- [WORK REQUEST]: Present each line of the entries below that holds the word "true".

*****

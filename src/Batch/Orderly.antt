-- ===== src/Batch/Orderly.antt =====
-- Every step of the workers and of the callers keeps the invariant of a batch's work.
use mathlib.Core.Option.{some-injective}
use tadori.Base.{
  ℕ, zero, suc, ◌+◌, ◌<◌, ◌≡◌, refl, sym, ap, subst, ◌∙◌, true, false, some, List, [], ◌∷◌, length,
  get_elem?, set, length-set, get_elem?-set, get_elem?-some, leb, arith, Bool-cases, inl, inr,
}
use tadori.Batch.Defs.{
  terminal_entry, PlanEntry, EntryResult, result_for_entry, unsupported_result, cancelled_result,
}
use tadori.Batch.Entry.{Reporting}
use tadori.Batch.Summary.{summarize}
use tadori.Batch.Counts.{count}
use tadori.Batch.Batches.{
  ManagedBatch, initial_results, new_batch, begin, now_running, mark_running, finish,
  context_cancelled, cancel_batch, close_batch, end_context,
}
use tadori.Batch.Workers.{
  Started, fresh, cancelled_early, closed_early, ended_early, Phase, waiting, taken, doomed,
  cleared, marked, over, all_waiting, World, launch, InPhase, retire, Step, takes, refuses, checks,
  drops, marks, runs, cancels, closes, expires, Reach, here, onward, Final, refused, dropped, ran,
}
use tadori.Batch.Agreement.{
  busy, count-set, Agree, AllAgree, AllAgree-initial_results, AllAgree-get, AllAgree-set,
}
use tadori.Batch.Progress.{
  is_waiting, finish-some, mark_running-some, cancel_batch-same, close_batch-same, end_context-same,
  Orderly, Orderly-move,
}

pub is_waiting_lem : (p : Phase) → is_waiting p ≡ true → p ≡ waiting
is_waiting_lem waiting h = refl
is_waiting_lem taken h = absurd (ground arith)
is_waiting_lem doomed h = absurd (ground arith)
is_waiting_lem cleared h = absurd (ground arith)
is_waiting_lem marked h = absurd (ground arith)
is_waiting_lem over h = absurd (ground arith)

pub leb_refl : (n : ℕ) → leb n n ≡ true
leb_refl n = ground arith

not_over : (e : PlanEntry) → terminal_entry (result_for_entry e).state ≡ false
unfolding result_for_entry
not_over e = refl

all_waiting_lem :
    (es : List PlanEntry) (i : ℕ) (p : Phase)
    → get_elem? (all_waiting es) i ≡ some p
    → is_waiting p ≡ leb 0 i
all_waiting_lem [] i p h = absurd (ground arith)
all_waiting_lem (e ∷ es) zero p h = ground arith
all_waiting_lem (e ∷ es) (suc i) p h = ground (arith, all_waiting_lem es i p h)

count_waiting : (es : List PlanEntry) → count busy (all_waiting es) ≡ 0
count_waiting [] = refl
count_waiting (e ∷ es) = count_waiting es

-- What no cancellation touches.
pub Started-same :
    (entries : List PlanEntry) (b : ManagedBatch)
    → Started entries b
    → (b.entries ≡ entries)
      × (b.results ≡ initial_results entries)
      × (b.summary ≡ summarize b.results)
unfolding new_batch end_context
Started-same entries _ (fresh started) = (refl, refl, refl)
Started-same entries _ (cancelled_early {b} s) =
    let (es, rs, sum) = Started-same entries b s in
    let (es', rs', sum') = cancel_batch-same b in
    (es' ∙ es, rs' ∙ rs, sum' ∙ sum ∙ sym (ap summarize rs'))
Started-same entries _ (closed_early {b} s) =
    let (es, rs, sum) = Started-same entries b s in
    let (es', rs', sum') = close_batch-same b in
    (es' ∙ es, rs' ∙ rs, sum' ∙ sum ∙ sym (ap summarize rs'))
Started-same entries _ (ended_early {b} s) = Started-same entries b s

module _ (reporting : Reporting) (workers : ℕ) where
  -- The result of an entry that is in a phase.
  Orderly-get :
      (w : World) (i : ℕ) (p : Phase) (e : PlanEntry)
      → Orderly reporting workers w
      → InPhase w i p e
      → (r : EntryResult) × (get_elem? w.batch.results i ≡ some r) × Agree reporting p e r
  Orderly-get w i p e o at =
      let (e', r, es, rs, a) =
        AllAgree-get reporting w.phases w.batch.entries w.batch.results i p o.agree at.0 in
      (r, rs, subst (λ e''. Agree reporting p e'' r) (some-injective e' e (sym es ∙ at.1)) a)

  -- A worker that finishes an entry goes back to the channel.
  Orderly-finish :
      (w : World) (i : ℕ) (p : Phase) (e : PlanEntry) (r : EntryResult)
      → Orderly reporting workers w
      → InPhase w i p e
      → busy p ≡ true
      → is_waiting p ≡ false
      → Final reporting e r
      → Orderly reporting workers (retire i (finish i r w.batch) w)
  Orderly-finish w i p e r o at bp wp final =
      let (r₀, rs, a) = Orderly-get w i p e o at in
      rw (finish-some i r w.batch r₀ rs) (
        Orderly-move reporting workers w i p over e r (w.idle + 1)
          (record w.batch {
            results = set w.batch.results i r;
            summary = summarize (set w.batch.results i r);
          })
          o at wp refl final (ground (arith, bp)) refl refl refl)

  set_same :
      (rs : List EntryResult) (i : ℕ) (r : EntryResult) → get_elem? rs i ≡ some r → rs ≡ set rs i r
  set_same [] i r h = refl
  set_same (x ∷ rs) zero r h = ap (λ y. y ∷ rs) (some-injective x r h)
  set_same (x ∷ rs) (suc i) r h = ap (λ y. x ∷ y) (set_same rs i r h)

  -- A phase that leaves the result as it is.
  Orderly-phase :
      (w : World) (i : ℕ) (p q : Phase) (e : PlanEntry) (r : EntryResult)
      → Orderly reporting workers w
      → InPhase w i p e
      → is_waiting p ≡ false
      → is_waiting q ≡ false
      → busy p ≡ busy q
      → get_elem? w.batch.results i ≡ some r
      → Agree reporting q e r
      → Orderly reporting workers (record w { phases = set w.phases i q })
  Orderly-phase w i p q e r o at wp wq b rs a =
      Orderly-move reporting workers w i p q e r w.idle w.batch o at wp wq a (ground (arith, b))
        refl (set_same w.batch.results i r rs) o.summary

  Orderly-takes :
      (w : World) (k : ℕ)
      → Orderly reporting workers w
      → w.idle ≡ suc k
      → w.next < length w.phases
      → Orderly reporting workers
          (record w { phases = set w.phases w.next taken; next = w.next + 1; idle = k })
  Orderly-takes w k o idle lt =
      let (p, at) = get_elem?-some w.phases w.next lt in
      let here = is_waiting_lem p (o.queue w.next p at ∙ leb_refl w.next) in
      let at' = subst (λ q. get_elem? w.phases w.next ≡ some q) here at in
      let (e, r, es, rs, a) =
        AllAgree-get reporting w.phases w.batch.entries w.batch.results w.next waiting o.agree
          at' in
      record {
        agree =
            subst (AllAgree reporting (set w.phases w.next taken) w.batch.entries)
              (sym (set_same w.batch.results w.next r rs))
              (AllAgree-set reporting w.phases w.batch.entries w.batch.results w.next e taken r
                o.agree es a);
        summary = o.summary;
        queue = λ j x h. ground (arith, get_elem?-set w.phases w.next j taken lt, o.queue j x);
        bound = omega (arith, lt, length-set w.phases w.next taken);
        places = omega (arith, idle, o.places, count-set w.phases w.next waiting taken at');
      }

  Orderly-same :
      (w : World) (b : ManagedBatch)
      → Orderly reporting workers w
      → (b.entries ≡ w.batch.entries)
        × (b.results ≡ w.batch.results)
        × (b.summary ≡ w.batch.summary)
      → Orderly reporting workers (record w { batch = b })
  Orderly-same w b o (es, rs, s) = record {
    agree = rw (es, rs) o.agree;
    summary = s ∙ o.summary ∙ sym (ap summarize rs);
    queue = o.queue;
    bound = o.bound;
    places = o.places;
  }

  pub Orderly-Step :
      (v w : World) → Orderly reporting workers v → Step reporting v w → Orderly reporting workers w
  Orderly-Step v _ o (takes k idle lt) = Orderly-takes v k o idle lt
  Orderly-Step v _ o (refuses i e now at u) =
      Orderly-finish v i taken e (unsupported_result e now) o at refl refl (refused now u)
  Orderly-Step v _ o (checks i e at u) =
      let (r, rs, a) = Orderly-get v i taken e o at in
      elim (Bool-cases (context_cancelled v.batch)) [
        | inl h ↦ rw h (Orderly-phase v i taken doomed e r o at refl refl refl rs (a, u))
        | inr h ↦ rw h (Orderly-phase v i taken cleared e r o at refl refl refl rs (a, u))
      ]
  Orderly-Step v _ o (drops i e now at) =
      let (r, rs, a) = Orderly-get v i doomed e o at in
      Orderly-finish v i doomed e (cancelled_result e now) o at refl refl (dropped now a.1)
  Orderly-Step v _ o (marks i e now at) =
      let (r, rs, a) = Orderly-get v i cleared e o at in
      let marked_now = mark_running-some i now v.batch r rs (rw a.0 (not_over e)) in
      rw marked_now (
        Orderly-move reporting workers v i cleared marked e (now_running now r) v.idle
          (record v.batch {
            results = set v.batch.results i (now_running now r);
            summary = summarize (set v.batch.results i (now_running now r));
          })
          o at refl refl ((now, ap (now_running now) a.0), a.1) refl refl refl refl)
  Orderly-Step v _ o (runs i e outcome context started now res at run) =
      let (r, rs, a) = Orderly-get v i marked e o at in
      Orderly-finish v i marked e res o at refl refl (ran outcome context started now res a.1 run)
  Orderly-Step v _ o cancels = Orderly-same v (cancel_batch v.batch) o (cancel_batch-same v.batch)
  Orderly-Step v _ o closes = Orderly-same v (close_batch v.batch) o (close_batch-same v.batch)
  Orderly-Step v _ o expires = Orderly-same v (end_context v.batch) o (end_context-same v.batch)

  pub Orderly-launch :
      (entries : List PlanEntry) (b : ManagedBatch)
      → Started entries b
      → Orderly reporting workers (launch workers b)
  unfolding launch begin
  Orderly-launch entries b s =
      let (es, rs, sum) = Started-same entries b s in
      record {
        agree = rw (es, rs) (AllAgree-initial_results reporting entries);
        summary = sum;
        queue = all_waiting_lem b.entries;
        bound = omega arith;
        places = omega (arith, count_waiting b.entries);
      }

  Step-entries : (v w : World) → Step reporting v w → w.batch.entries ≡ v.batch.entries
  unfolding finish mark_running cancel_batch close_batch end_context
  Step-entries v _ (takes k idle lt) = refl
  Step-entries v _ (refuses i e now at u) = ground arith
  Step-entries v _ (checks i e at u) = refl
  Step-entries v _ (drops i e now at) = ground arith
  Step-entries v _ (marks i e now at) = ground arith
  Step-entries v _ (runs i e outcome context started now res at run) = ground arith
  Step-entries v _ cancels = ground arith
  Step-entries v _ closes = ground arith
  Step-entries v _ expires = refl

  pub Reach-entries : (v w : World) → Reach reporting v w → w.batch.entries ≡ v.batch.entries
  Reach-entries v _ here = refl
  Reach-entries v w (onward {v = u} path step) = Step-entries u w step ∙ Reach-entries v u path

  pub Reach-Orderly :
      (v w : World)
      → Orderly reporting workers v
      → Reach reporting v w
      → Orderly reporting workers w
  Reach-Orderly v _ o here = o
  Reach-Orderly v w o (onward {v = u} path step) = Orderly-Step u w (Reach-Orderly v u o path) step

*****

- [SOLUTION]:
  ℕ, zero, suc, ◌+◌, ◌<◌, ◌≡◌, refl, sym, ap, subst, ◌∙◌, true, false, some, List, [], ◌∷◌, length,
pub is_waiting_lem : (p : Phase) → is_waiting p ≡ true → p ≡ waiting
pub leb_refl : (n : ℕ) → leb n n ≡ true
      → busy p ≡ true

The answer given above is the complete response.